So I logged on tonight for the first time in a while, only to realize that the last post on here was over two weeks ago. Time really flies when you are enjoying the summer and dodging the odd tornado in Chicago. I guess there's not much to say but mea culpa. I've been having a hard time lately motivating for everything on a list that includes writing, working, studying, home improvement, home maintenance, basic home picking up, laundry, buying wedding gifts and maybe, just maybe, working out on a regular schedule. I think part of the delay in writing about this has been guilt over my choices in the past two weeks. I've been to the gym a couple of different times but not on a schedule that resembles a serious commitment to working out. I don't think you could even say it does a drunken impression of commitment to working out that none of its friends think is funny, like Jessica Simpson's country music "career." And as well all know, more guilt = less writing. That's why no one's heard from Ernest Hemingway in decades. What's that you say? Ernie's been gone to the Great Bullfight in the Sky for all this time? Who knew?
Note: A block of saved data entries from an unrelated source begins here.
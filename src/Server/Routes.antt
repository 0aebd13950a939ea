-- ===== src/Server/Routes.antt =====
-- The routes of misc/server/cmd/mitra_tunneld/main.go and the filter of misc/server/services_auth.go.
-- What `Authorizer.HasAuth` answers is an argument. Which route a request takes is up to gin.
use securetunnel.Base.{
  ◌≡◌, refl, subst, ◌⊎◌, All, All-without, inl, inr, Bool, true, false, not, ◌++◌, List, [], ◌∷◌,
  Option, none, some, Text, text_eq, codes, if◌then◌else◌,
}
use securetunnel.Server.World.{
  Services, World, M, ◌>>◌, guard, unauthorized, refuse, status_unauthorized,
}

pub data Endpoint : Type 0 where
  login logout open_tunnel list_tunnels describe_tunnel close_tunnel : Endpoint
  debug_list_tunnels debug_send_to_peer tunnel_connect : Endpoint

pub record Route : Type 0 where
  pub method : Text
  pub path : Text
  pub endpoint : Endpoint
  pub need_auth : Bool

abbrev pub route_to : Text → Text → Endpoint → Bool → Route
route_to method path endpoint need_auth = record {
  method = method;
  path = path;
  endpoint = endpoint;
  need_auth = need_auth;
}

abbrev debug_routes : Bool → List Route
debug_routes true =
    route_to (codes "GET") (codes "/debug/tunnel/list") debug_list_tunnels true
    ∷ route_to (codes "POST") (codes "/debug/tunnel/send") debug_send_to_peer true
    ∷ []
debug_routes false = []

-- `needAuthGroup` is the group with the filter.
abbrev pub routes : Bool → List Route
routes debug_mode =
    (route_to (codes "POST") (codes "/login") login false
      ∷ route_to (codes "POST") (codes "/logout") logout true
      ∷ route_to (codes "POST") (codes "/tunnel/open") open_tunnel true
      ∷ route_to (codes "GET") (codes "/tunnel/list") list_tunnels true
      ∷ route_to (codes "GET") (codes "/tunnel/describe") describe_tunnel true
      ∷ route_to (codes "PUT") (codes "/tunnel/close") close_tunnel true
      ∷ debug_routes debug_mode)
    ++ (route_to (codes "GET") (codes "/tunnel") tunnel_connect false ∷ [])

unfoldable pub auth_filter : Services → Option Text → M (Unit {0})
auth_filter svc auth_error w = elim auth_error [
  | none ↦ guard true status_unauthorized unauthorized w
  | some message ↦ guard (not svc.need_auth) status_unauthorized unauthorized w
]

-- A route's handler, behind the filter if it stands in the group.
unfoldable pub serve : {A : Type 0} → Services → Option Text → Route → M A → M A
unfolding auth_filter
serve svc auth_error r handler =
    if r.need_auth then (auth_filter svc auth_error >> handler) else handler

-- The routes that a request reaches without the filter.
abbrev pub IsPublic : Route → Type 0
IsPublic r = (r.endpoint ≡ login) ⊎ (r.endpoint ≡ tunnel_connect)

routes-guarded : (b : Bool) → All (λ r. (r.need_auth ≡ true) ⊎ IsPublic r) (routes b)
routes-guarded true = (
  inr (inl refl),
  (
    inl refl,
    (inl refl, (inl refl, (inl refl, (inl refl, (inl refl, (inl refl, (inr (inr refl), tt))))))),
  ),
)
routes-guarded false = (
  inr (inl refl),
  (inl refl, (inl refl, (inl refl, (inl refl, (inl refl, (inr (inr refl), tt)))))),
)

-- If authentication is needed and `HasAuth` returns an error, then every route but those of the
-- login and of `TunnelConnect` answers 401 and changes nothing, whatever its handler is.
pub serve-unauthorized :
    {A : Type 0} (svc : Services) (message : Text) (debug_mode : Bool) (before rest : List Route)
    (r : Route) (handler : M A) (w : World)
    → svc.need_auth ≡ true
    → routes debug_mode ≡ before ++ (r ∷ rest)
    → IsPublic r
      ⊎ (serve svc (some message) r handler w ≡ (refuse status_unauthorized unauthorized, w))
unfolding serve auth_filter
serve-unauthorized svc message debug_mode before rest r handler w need listed =
    let guarded =
      subst (λ rs. All (λ q. (q.need_auth ≡ true) ⊎ IsPublic q) rs) listed
        (routes-guarded debug_mode) in
    elim (All-without (λ q. (q.need_auth ≡ true) ⊎ IsPublic q) before rest r guarded).0 [
      | inr public ↦ inl public
      | inl needs ↦ inr (rw (needs, serve, need) refl)
    ]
All of which is a roundabout way of saying that I'm disappointed in myself. I've been partially committed and half-assed quite a few things lately, and it's showing up in my school and work product. I guess one of the bright spots of my commitment ability lately is the food diary, which I've been keeping diligently. I've had to guess a few times on the value of certain meals, but I'm being honest with myself about the quality of certain meals. It's even developed a few different columns and has grown as I've had ideas for it, including workout and alcohol consumption columns so I can see all aspects of behavior affecting this little project. I know what you're thinking, "Blake! That is so exciting! Nothing like keeping a spreadsheet about your weight loss project to make the ladies all hot and bothered." What can I say? I know. Line forms to the left, ladies. No pulling hair, and no eye gouging. You'll all get a turn. But first, we have to get one thing out of the way before we sign off from this brief and unfunny update on my ineffable laziness. That's right, it's the long promised Weekly Weigh-In. No comments about the bi-weekly nature of the Weigh-In. I'm working on it. So without further adieu, the first benchmark on my way to dropping a hundred pounds. I'm sure there will be clever ways to put it as they strike my fancy, but for today, just the number. I'm watching it as closely as you guys are, believe me. Take care, and we'll be chatting soon.
The Weekly Weigh-In for August 4th, 2008: +99.4 lbs.